• [Task brief]: Search the records below for the word "printed" and show every line where it occurs.
===============
-- ===== src/Wire/Dart/Buffer.antt =====
-- Dart's buffer on a little-endian platform.
use mathlib.Core.Option
use iroh_dart.Prelude.{
  ℕ, zero, suc, ◌<◌, ◌^◌, ◌≡◌, refl, false, Option, none, some, List, [], ◌∷◌, ◌++◌, length, All,
  if◌then◌else◌, arith,
}
use iroh_dart.Prelude.Int.{ℤ, pos, negsuc}
use iroh_dart.Wire.Scalars.{encode_items, is_utf8}
use iroh_dart.Wire.LittleEndian.{little_endian, write_le, little_endian-CursorLaws}
use iroh_dart.Wire.Dart.{DartBuffer, BufferLaws, has_bom}

unfoldable pub split_bytes : ℕ → List ℕ → Option (List ℕ × List ℕ)
split_bytes zero bytes = some ([], bytes)
split_bytes (suc n) [] = none
split_bytes (suc n) (b ∷ bytes) = Option.map (λ (bs, rest). (b ∷ bs, rest)) (split_bytes n bytes)

abbrev split_at : ℤ → List ℕ → Option (List ℕ × List ℕ)
split_at (pos n) bytes = split_bytes n bytes
split_at (negsuc n) bytes = none

abbrev drop_bom : List ℕ → List ℕ
drop_bom (a ∷ b ∷ c ∷ rest) = if has_bom (a ∷ b ∷ c ∷ rest) then rest else a ∷ b ∷ c ∷ rest
drop_bom s = s

drop_bom_lem : (s : List ℕ) → has_bom s ≡ false → drop_bom s ≡ s
drop_bom_lem [] h = refl
drop_bom_lem (a ∷ []) h = refl
drop_bom_lem (a ∷ b ∷ []) h = refl
drop_bom_lem (a ∷ b ∷ c ∷ rest) h = rw h

abbrev pub dart_buffer : DartBuffer
dart_buffer = record {
  put_uint8 = little_endian.write_u8;
  get_uint8 = little_endian.read_u8;
  put_uint32 = little_endian.write_u32;
  put_int32 = little_endian.write_i32;
  get_int32 = little_endian.read_i32;
  put_big_uint64 = little_endian.write_u64;
  get_big_uint64 = little_endian.read_u64;
  put_uint8_list = encode_items (write_le 1);
  get_uint8_list = split_at;
  utf8_convert = λ s. if is_utf8 s then some (drop_bom s) else none;
}

split_bytes_lem :
    (bs rest : List ℕ)
    → All (λ n. n < 2 ^ 8) bs
    → split_bytes (length bs) (encode_items (write_le 1) bs ++ rest) ≡ some (bs, rest)
unfolding split_bytes encode_items write_le
split_bytes_lem [] rest h = refl
split_bytes_lem (b ∷ bs) rest h = ground (arith, split_bytes_lem bs rest)

pub dart_buffer-BufferLaws : BufferLaws little_endian dart_buffer
dart_buffer-BufferLaws = record {
  put_uint8_lem = λ n. refl;
  put_uint32_lem = λ n. refl;
  put_int32_lem = λ z. refl;
  put_big_uint64_lem = λ n. refl;
  put_uint8_list_lem = λ bs. refl;
  get_uint8-write = little_endian-CursorLaws.read_u8-write;
  get_int32-write = little_endian-CursorLaws.read_i32-write;
  get_big_uint64-write = little_endian-CursorLaws.read_u64-write;
  get_uint8_list-write = split_bytes_lem;
  utf8_convert_lem = λ s valid bare. rw (valid, drop_bom_lem s bare);
}
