-- ===== src/Bridge/Sinks/Tests.antt =====
-- One path event stream: two events, of which the task has taken the first.
use iroh_dart.Prelude.{
  ◌≡◌, refl, true, false, none, some, List, [], ◌∷◌, ◌++◌, map, Str, codes, All, arith,
}
use iroh_dart.Watch.{HomeRelay, PathEvent, map_path_event}
use iroh_dart.Iroh.Toy.{toy}
use iroh_dart.Runtime.{leaving, spawn_task, finish_call, leave_loop, drop_task, abort_stream}
use iroh_dart.Wire.Scalars.{is_utf8}
use iroh_dart.Wire.LittleEndian.{little_endian}
use iroh_dart.Wire.Dart.Buffer.{dart_buffer, dart_buffer-BufferLaws}
use iroh_dart.Bridge.Sinks.{
  Sources, path_events, System, start, loop_turn, show, listen, open_stream, poll_loop, yield_item,
  end_stream,
}
use iroh_dart.Bridge.Sinks.Steps.{
  Reach, begin, next, Step, Steps, here, more, opens, registers, polls, yields, ends, after_cancel,
  after_drop,
}
use iroh_dart.Bridge.Sinks.Laws.{Fits, listen-Reach}
use iroh_dart.Bridge.Sinks.Silent.{Steps-sent, cancelled-sent}
use iroh_dart.Bridge.Sinks.Drain.{poll_times, listen-poll_times}

abbrev home : HomeRelay Str
home = record {
  url = λ s. s;
  is_connected = λ s. true;
  last_error = λ s. none;
  auth_denied_reason = λ s. none;
}

abbrev source : Sources
source = record {
  base = toy;
  RelayStatus = Str;
  home_relay = home;
  PathAddr = Str;
  debug = λ s. s;
  cursor = little_endian;
  buffer = dart_buffer;
}

abbrev called : System source
unfolding open_stream spawn_task
called = open_stream source path_events 5 (start source)

abbrev opened : PathEvent Str
opened = PathEvent.opened (codes "relay")

abbrev missed : PathEvent Str
missed = PathEvent.lagged 3

abbrev yielded : System source
unfolding open_stream spawn_task yield_item
yielded = yield_item source 0 (yield_item source 0 called opened) missed

abbrev halfway : System source
unfolding open_stream spawn_task yield_item poll_loop loop_turn
halfway = poll_loop source true 0 yielded

halfway-Reach : Reach source halfway
unfolding open_stream spawn_task yield_item poll_loop loop_turn
halfway-Reach =
    next
      (next
        (next (next begin (opens path_events 5 (λ id h. absurd (omega arith))))
          (yields 0 opened refl))
        (yields 0 missed refl))
      (polls true 0 refl)

abbrev over : System source
unfolding open_stream spawn_task yield_item poll_loop loop_turn end_stream
over = end_stream source 0 halfway

over-Reach : Reach source over
unfolding open_stream spawn_task yield_item poll_loop loop_turn end_stream
over-Reach = next halfway-Reach (ends 0)

fits : All (Fits source path_events) (opened ∷ missed ∷ [])
unfolding show is_utf8 map_path_event
fits = (
  record { remote_addr = ((omega arith, refl), refl); missed = tt },
  (record { remote_addr = tt; missed = omega arith }, tt),
)

listen-Reach_example :
    (done rest : List (PathEvent Str)) × (opened ∷ missed ∷ [] ≡ done ++ rest)
    × (listen source path_events (halfway.streams 0).sent
        ≡ some (map (show source path_events) done))
    × (rest ≡ missed ∷ [])
unfolding open_stream spawn_task yield_item poll_loop loop_turn
listen-Reach_example = listen-Reach source dart_buffer-BufferLaws 0 halfway-Reach fits

listen-poll_times_example :
    (((poll_times source 2 0 over).runtime.task 0).pc ≡ leaving)
    × (listen source path_events ((poll_times source 2 0 over).streams 0).sent
        ≡ some (map (show source path_events) (opened ∷ missed ∷ [])))
unfolding open_stream spawn_task yield_item poll_loop loop_turn end_stream
listen-poll_times_example =
    listen-poll_times source 0 dart_buffer-BufferLaws over-Reach refl refl fits

-- The sink refuses the second event, and the task leaves its loop.
abbrev refused : System source
unfolding open_stream spawn_task yield_item poll_loop loop_turn leave_loop
refused = poll_loop source false 0 halfway

abbrev later : System source
unfolding open_stream spawn_task yield_item poll_loop loop_turn leave_loop
later = yield_item source 0 refused opened

later-Steps : Steps source refused later
unfolding open_stream spawn_task yield_item poll_loop loop_turn leave_loop
later-Steps = more here (yields 0 opened refl)

Steps-sent_example : (later.streams 0).sent ≡ (refused.streams 0).sent
unfolding open_stream spawn_task yield_item poll_loop loop_turn leave_loop
Steps-sent_example = Steps-sent source 0 later-Steps (omega arith) (λ e. cc)

-- The call has returned; `cancel_stream` comes, tokio drops the task, and iroh yields once more.
abbrev registered : System source
unfolding open_stream spawn_task yield_item poll_loop loop_turn finish_call
registered = record halfway { runtime = finish_call 0 halfway.runtime }

registered-Reach : Reach source registered
unfolding open_stream spawn_task yield_item poll_loop loop_turn finish_call
registered-Reach = next halfway-Reach (registers 0 refl)

abbrev stopped : System source
unfolding open_stream spawn_task yield_item poll_loop loop_turn finish_call abort_stream drop_task
stopped = after_drop source 0 (after_cancel source 5 registered)

abbrev still_yielding : System source
unfolding open_stream spawn_task yield_item poll_loop loop_turn finish_call abort_stream drop_task
still_yielding = yield_item source 0 stopped opened

cancelled-sent_example :
    Step source (after_cancel source 5 registered) stopped
    × ((still_yielding.streams 0).sent ≡ (registered.streams 0).sent)
unfolding open_stream spawn_task yield_item poll_loop loop_turn finish_call abort_stream drop_task
cancelled-sent_example =
    cancelled-sent source 0 registered-Reach refl refl (more here (yields 0 opened refl))
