-- ===== src/Bridge/Tests.antt =====
-- Calls of the bridge on a little-endian platform, with the small keys.
use iroh_dart.Prelude.{
  ℕ, ◌+◌, ◌≡◌, refl, ◌↔◌, Bool, true, false, List, [], ◌∷◌, ◌++◌, some, replicate, codes, arith,
}
use iroh_dart.Iroh.Toy.{toy}
use iroh_dart.Key.{
  EndpointAddrParts, secret_key_sign, public_key_verify, secret_key_public, public_key_check,
  public_key_to_z32, public_key_to_hex, public_key_fmt_short, endpoint_addr_decode,
  public_key_from_z32, public_key_from_hex, relay_url_parse, endpoint_addr_round_trip,
  endpoint_addr_encode,
}
use iroh_dart.Wire.LittleEndian.{little_endian, little_endian-CursorLaws}
use iroh_dart.Wire.Scalars.{is_utf8, encode_bytes, encode_bool}
use iroh_dart.Wire.Values.{encode_parts}
use iroh_dart.Runtime.Job.{panics, returns}
use iroh_dart.Connection.Tests.{small}
use iroh_dart.Endpoint.Tests.{binding}
use iroh_dart.Endpoint.Lookup.{resolve}
use iroh_dart.Iroh.Toy.{home}
use iroh_dart.Wire.Scalars.{encode_u8, encode_string}
use iroh_dart.Wire.Values.{encode_opt_parts}
use iroh_dart.Bridge.Callbacks.{resolve_callback}
use iroh_dart.Bridge.Callbacks.Laws.{resolve-returned, resolve-thrown}
use iroh_dart.Bridge.{
  encoded, wire_secret_key_sign, wire_public_key_verify, wire_secret_key_public,
  wire_public_key_check, wire_public_key_to_z32, wire_public_key_to_hex, wire_public_key_fmt_short,
  wire_endpoint_addr_decode, wire_public_key_from_z32, wire_public_key_from_hex,
  wire_relay_url_parse, wire_endpoint_addr_round_trip, wire_endpoint_addr_encode, encode_unit,
}
use iroh_dart.Bridge.Laws.{wire_sign-verify_lem, wire_key_calls}
use iroh_dart.Bridge.Dispatch.{Api, pde_ffi_dispatcher_primary, pde_ffi_dispatcher_sync}
use iroh_dart.Bridge.Dispatch.Dart.{func_id, has_port}
use iroh_dart.Bridge.Dispatch.Laws.{dispatch-func_id}

-- `end` wants that nothing is left.
abbrev is_empty : List ℕ → Bool
is_empty [] = true
is_empty (n ∷ ns) = false

abbrev secret : List ℕ
secret = replicate 32 7

abbrev msg : List ℕ
msg = 1 ∷ 2 ∷ []

abbrev public : List ℕ
public = toy.public_as_bytes 8

abbrev signature : List ℕ
signature = toy.signature_to_bytes 9

wire_sign-verify_lem_example :
    (wire_secret_key_sign toy little_endian is_empty
        (encode_bytes little_endian secret ++ encode_bytes little_endian msg)
      ≡ some (encoded (encode_bytes little_endian) (secret_key_sign toy secret msg)))
    × (wire_public_key_verify toy little_endian is_empty (
          encode_bytes little_endian public
          ++ (encode_bytes little_endian msg ++ encode_bytes little_endian signature))
        ≡ some (encoded (encode_bool little_endian) (public_key_verify toy public msg signature)))
wire_sign-verify_lem_example =
    wire_sign-verify_lem toy little_endian is_empty little_endian-CursorLaws secret public msg
      signature refl (ground arith) (ground arith) (ground arith) (ground arith)

abbrev parts : EndpointAddrParts
parts = record { id = public; relay_urls = codes "h" ∷ []; ip_addrs = [] }

abbrev oops : List ℕ
oops = codes "oops"

wire_key_calls_example :
    (wire_secret_key_public toy little_endian is_empty (encode_bytes little_endian public)
      ≡ some (encoded (encode_bytes little_endian) (secret_key_public toy public)))
    × (wire_public_key_check toy little_endian is_empty (encode_bytes little_endian public)
        ≡ some (encoded encode_unit (public_key_check toy public)))
    × (wire_public_key_to_z32 toy little_endian is_empty (encode_bytes little_endian public)
        ≡ some (encoded (encode_string little_endian) (public_key_to_z32 toy public)))
    × (wire_public_key_to_hex toy little_endian is_empty (encode_bytes little_endian public)
        ≡ some (encoded (encode_string little_endian) (public_key_to_hex toy public)))
    × (wire_public_key_fmt_short toy little_endian is_empty (encode_bytes little_endian public)
        ≡ some (encoded (encode_string little_endian) (public_key_fmt_short toy public)))
    × (wire_endpoint_addr_decode toy little_endian is_empty (encode_bytes little_endian public)
        ≡ some (encoded (encode_parts little_endian) (endpoint_addr_decode toy public)))
    × (wire_public_key_from_z32 toy little_endian is_empty (encode_string little_endian oops)
        ≡ some (encoded (encode_bytes little_endian) (public_key_from_z32 toy oops)))
    × (wire_public_key_from_hex toy little_endian is_empty (encode_string little_endian oops)
        ≡ some (encoded (encode_bytes little_endian) (public_key_from_hex toy oops)))
    × (wire_relay_url_parse toy little_endian is_empty (encode_string little_endian oops)
        ≡ some (encoded (encode_string little_endian) (relay_url_parse toy oops)))
    × (wire_endpoint_addr_round_trip toy little_endian is_empty (encode_parts little_endian parts)
        ≡ some (encoded (encode_parts little_endian) (endpoint_addr_round_trip toy parts)))
    × (wire_endpoint_addr_encode toy little_endian is_empty (encode_parts little_endian parts)
        ≡ some (encoded (encode_bytes little_endian) (endpoint_addr_encode toy parts)))
unfolding is_utf8
wire_key_calls_example =
    wire_key_calls toy little_endian is_empty little_endian-CursorLaws public oops parts refl
      (ground arith) (omega arith, refl)
      (record {
        id = ground arith;
        relay_urls = (omega arith, ((omega arith, refl), tt));
        ip_addrs = ground arith;
      })

dispatch-func_id_example :
    ((pde_ffi_dispatcher_primary 3 ≡ some Api.connection_alpn)
      ↔ ((3 ≡ func_id Api.connection_alpn) × (has_port Api.connection_alpn ≡ true)))
    × ((pde_ffi_dispatcher_sync 3 ≡ some Api.connection_alpn)
        ↔ ((3 ≡ func_id Api.connection_alpn) × (has_port Api.connection_alpn ≡ false)))
dispatch-func_id_example = dispatch-func_id 3 Api.connection_alpn

-- Dart sends this message, whichever id it is asked for.
abbrev says : List ℕ → List ℕ → ℕ → List ℕ × ℕ
says message id w = (message, w + 1)

resolve-returned_example :
    (resolve toy small binding
      (resolve_callback little_endian is_empty
        (says (encode_u8 little_endian 0 ++ encode_opt_parts little_endian (some parts))))
      8
      5).0
    ≡ returns ((8, home ∷ []) ∷ [])
unfolding is_utf8
resolve-returned_example =
    resolve-returned little_endian is_empty little_endian-CursorLaws toy small binding
      (says (encode_u8 little_endian 0 ++ encode_opt_parts little_endian (some parts))) 8 5
      (some parts) refl
      (record {
        id = ground arith;
        relay_urls = (omega arith, ((omega arith, refl), tt));
        ip_addrs = ground arith;
      })
      refl

resolve-thrown_example :
    (resolve toy small binding
      (resolve_callback little_endian is_empty
        (says (encode_u8 little_endian 1 ++ encode_string little_endian oops)))
      8
      5).0
    ≡ panics oops
unfolding is_utf8
resolve-thrown_example =
    resolve-thrown little_endian is_empty little_endian-CursorLaws toy small binding
      (says (encode_u8 little_endian 1 ++ encode_string little_endian oops)) 8 5 oops refl
      (omega arith, refl) refl
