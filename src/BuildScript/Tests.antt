-- ===== src/BuildScript/Tests.antt =====
-- A build with a small lock file, and a process with the version that it prints.
use iroh_dart.Prelude.{◌≡◌, refl, inl, [], ◌∷◌, ◌++◌, Str, none, some, ok, codes}
use iroh_dart.BuildScript.{
  Surroundings, main, env_prefix, rerun_prefix, iroh_version_from_lock, scan,
}
use iroh_dart.BuildScript.Laws.{Locked}
use iroh_dart.Wire.LittleEndian.{little_endian}
use iroh_dart.Wire.Scalars.{encode_string}
use iroh_dart.Bridge.Dispatch.{Api}
use iroh_dart.Bridge.Handles.Toy.{process, busy}
use iroh_dart.Bridge.Handles.Run.{dart_call}
use iroh_dart.Bridge.Handles.Run.Version.{version_reported}

abbrev head : Str
head = codes "[[package]]\nname = \"a\"\nversion = \"1\"\n[[package]]\n"

abbrev lock : Str
lock = head ++ codes "name = \"iroh\"\nversion = \"1.4\"\n"

abbrev build : Surroundings
build = record {
  FilePath = Str;
  manifest_dir = none;
  join = λ a b. a ++ b;
  display = λ path. path;
  read_to_string = λ path. some lock;
}

locked : Locked build (codes "1.4")
locked = record {
  lock = lock;
  before =
      codes "[[package]]"
      ∷ codes "name = \"a\""
      ∷ codes "version = \"1\""
      ∷ codes "[[package]]"
      ∷ [];
  between = [];
  after = [];
  name = codes "name = \"iroh\"";
  line = codes "version = \"1.4\"";
  read = refl;
  split = refl;
  others = (refl, (refl, (refl, (refl, tt))));
  named = refl;
  betweens = tt;
  versioned = refl;
}

printed :
    main build ≡ (rerun_prefix ++ codes "Cargo.lock") ∷ (env_prefix ++ process.crate_version) ∷ []
unfolding main iroh_version_from_lock scan
printed = refl

version_reported_example :
    dart_call process Api.irohdart_iroh_version [] busy
    ≡ some (ok (encode_string little_endian (codes "1.4")), busy)
version_reported_example =
    version_reported process build (codes "1.4") (rerun_prefix ++ codes "Cargo.lock") busy refl
      (inl locked) printed
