-- ===== src/Connection/Halves.antt =====
-- Calls on one half of a stream, of packages/iroh_quic/rust/src/api/connection.rs, from any number
-- of tasks. Each call waits for the half's async mutex, awaits one future of iroh with the guard,
-- and drops the guard at the end of it; tokio's mutex serves its waiters in their order. A future
-- of iroh is polled: what a poll does is a parameter, and so is what the peer does meanwhile.
pub mod Serial
pub mod Laws
pub mod Drain
pub mod Events
pub mod Early
pub mod Tests
use iroh_dart.Prelude.{ℕ, Option, none, some, List, [], ◌∷◌, ◌++◌, replicate}

-- What a poll comes to.
pub data Polled (Op Answer : Type 0) : Type 0 where
  pending : Op → Polled Op Answer
  ready : Answer → Polled Op Answer

-- The calls of `SendStream` and of `RecvStream` that take the mutex, with their arguments.
pub data SendRequest : Type 0 where
  writes_all : List ℕ → SendRequest
  finishes : SendRequest
  resets : ℕ → SendRequest

pub data RecvRequest : Type 0 where
  reads reads_exact reads_to_end stops : ℕ → RecvRequest

-- iroh's futures, each made with the guard in hand.
pub record SendFutures (Op : Type 0) : Type 0 where
  pub write_all : List ℕ → Op
  pub finish : Op
  pub reset : ℕ → Op

pub record RecvFutures (Op : Type 0) : Type 0 where
  pub read : List ℕ → Op
  pub read_exact : List ℕ → Op
  pub read_to_end : ℕ → Op
  pub stop : ℕ → Op

pub send_future : {Op : Type 0} → SendFutures Op → SendRequest → Op
send_future f (writes_all bytes) = f.write_all bytes
send_future f finishes = f.finish
send_future f (resets error_code) = f.reset error_code

pub recv_future : {Op : Type 0} → RecvFutures Op → RecvRequest → Op
recv_future f (reads max_len) = f.read (replicate max_len 0)
recv_future f (reads_exact len) = f.read_exact (replicate len 0)
recv_future f (reads_to_end size_limit) = f.read_to_end size_limit
recv_future f (stops error_code) = f.stop error_code

-- The task with the guard.
pub record Held (Request Op : Type 0) : Type 0 where
  pub request : Request
  pub op : Op

pub record Half (Request Op Stream Answer : Type 0) : Type 0 where
  pub stream : Stream
  pub holder : Option (Held Request Op)
  pub queue : List Request
  -- What the calls that ended answered, in the order of their ends.
  pub answers : List (Request × Answer)
  -- All calls so far, in the order in which they came to the mutex.
  pub calls : List Request

module _ {Request Op Stream Answer : Type 0} (future : Request → Op)
    (poll : Op → Stream → Polled Op Answer × Stream) where
  -- `Arc::new(Mutex::new(inner))`
  pub fresh : Stream → Half Request Op Stream Answer
  fresh stream = record { stream = stream; holder = none; queue = []; answers = []; calls = [] }

  -- A task comes to `inner.lock().await`.
  pub arrive : Request → Half Request Op Stream Answer → Half Request Op Stream Answer
  arrive r h = record h { queue = h.queue ++ (r ∷ []); calls = h.calls ++ (r ∷ []) }

  abbrev pub locked :
      Half Request Op Stream Answer
      → Option (Held Request Op)
      → List Request
      → Half Request Op Stream Answer
  locked h none (r ∷ rest) = record h {
    holder = some (record { request = r; op = future r });
    queue = rest;
  }
  locked h none [] = h
  locked h (some held) queue = h

  -- The first waiter gets the guard, if no task has it.
  pub lock_next : Half Request Op Stream Answer → Half Request Op Stream Answer
  lock_next h = locked h h.holder h.queue

  abbrev pub settled :
      Half Request Op Stream Answer
      → Held Request Op
      → Polled Op Answer × Stream
      → Half Request Op Stream Answer
  settled h held (pending op, stream) = record h {
    stream = stream;
    holder = some (record held { op = op });
  }
  settled h held (ready answer, stream) = record h {
    stream = stream;
    holder = none;
    answers = h.answers ++ ((held.request, answer) ∷ []);
  }

  abbrev pub polled :
      Half Request Op Stream Answer → Option (Held Request Op) → Half Request Op Stream Answer
  polled h none = h
  polled h (some held) = settled h held (poll held.op h.stream)

  -- The future of the task with the guard is polled; at its end, with success or an error, the
  -- guard is dropped.
  pub poll_holder : Half Request Op Stream Answer → Half Request Op Stream Answer
  poll_holder h = polled h h.holder

  -- Any order of arrivals, of polls, and of what the peer and the connection do to the stream.
  pub data Step (Peer : Stream → Stream → Type 0)
      : Half Request Op Stream Answer → Half Request Op Stream Answer → Type 0 where
    arrives : (r : Request) (h : Half Request Op Stream Answer) → Step Peer h (arrive r h)
    locks : (h : Half Request Op Stream Answer) → Step Peer h (lock_next h)
    polls : (h : Half Request Op Stream Answer) → Step Peer h (poll_holder h)
    peer_acts :
        (h : Half Request Op Stream Answer) (stream : Stream)
        → Peer h.stream stream
        → Step Peer h (record h { stream = stream })

  pub data Steps (Peer : Stream → Stream → Type 0) (h : Half Request Op Stream Answer)
      : Half Request Op Stream Answer → Type 0 where
    stay : Steps Peer h h
    then : (k l : Half Request Op Stream Answer) → Steps Peer h k → Step Peer k l → Steps Peer h l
===============
• [Answer box]:
printed :
printed = refl
      (inl locked) printed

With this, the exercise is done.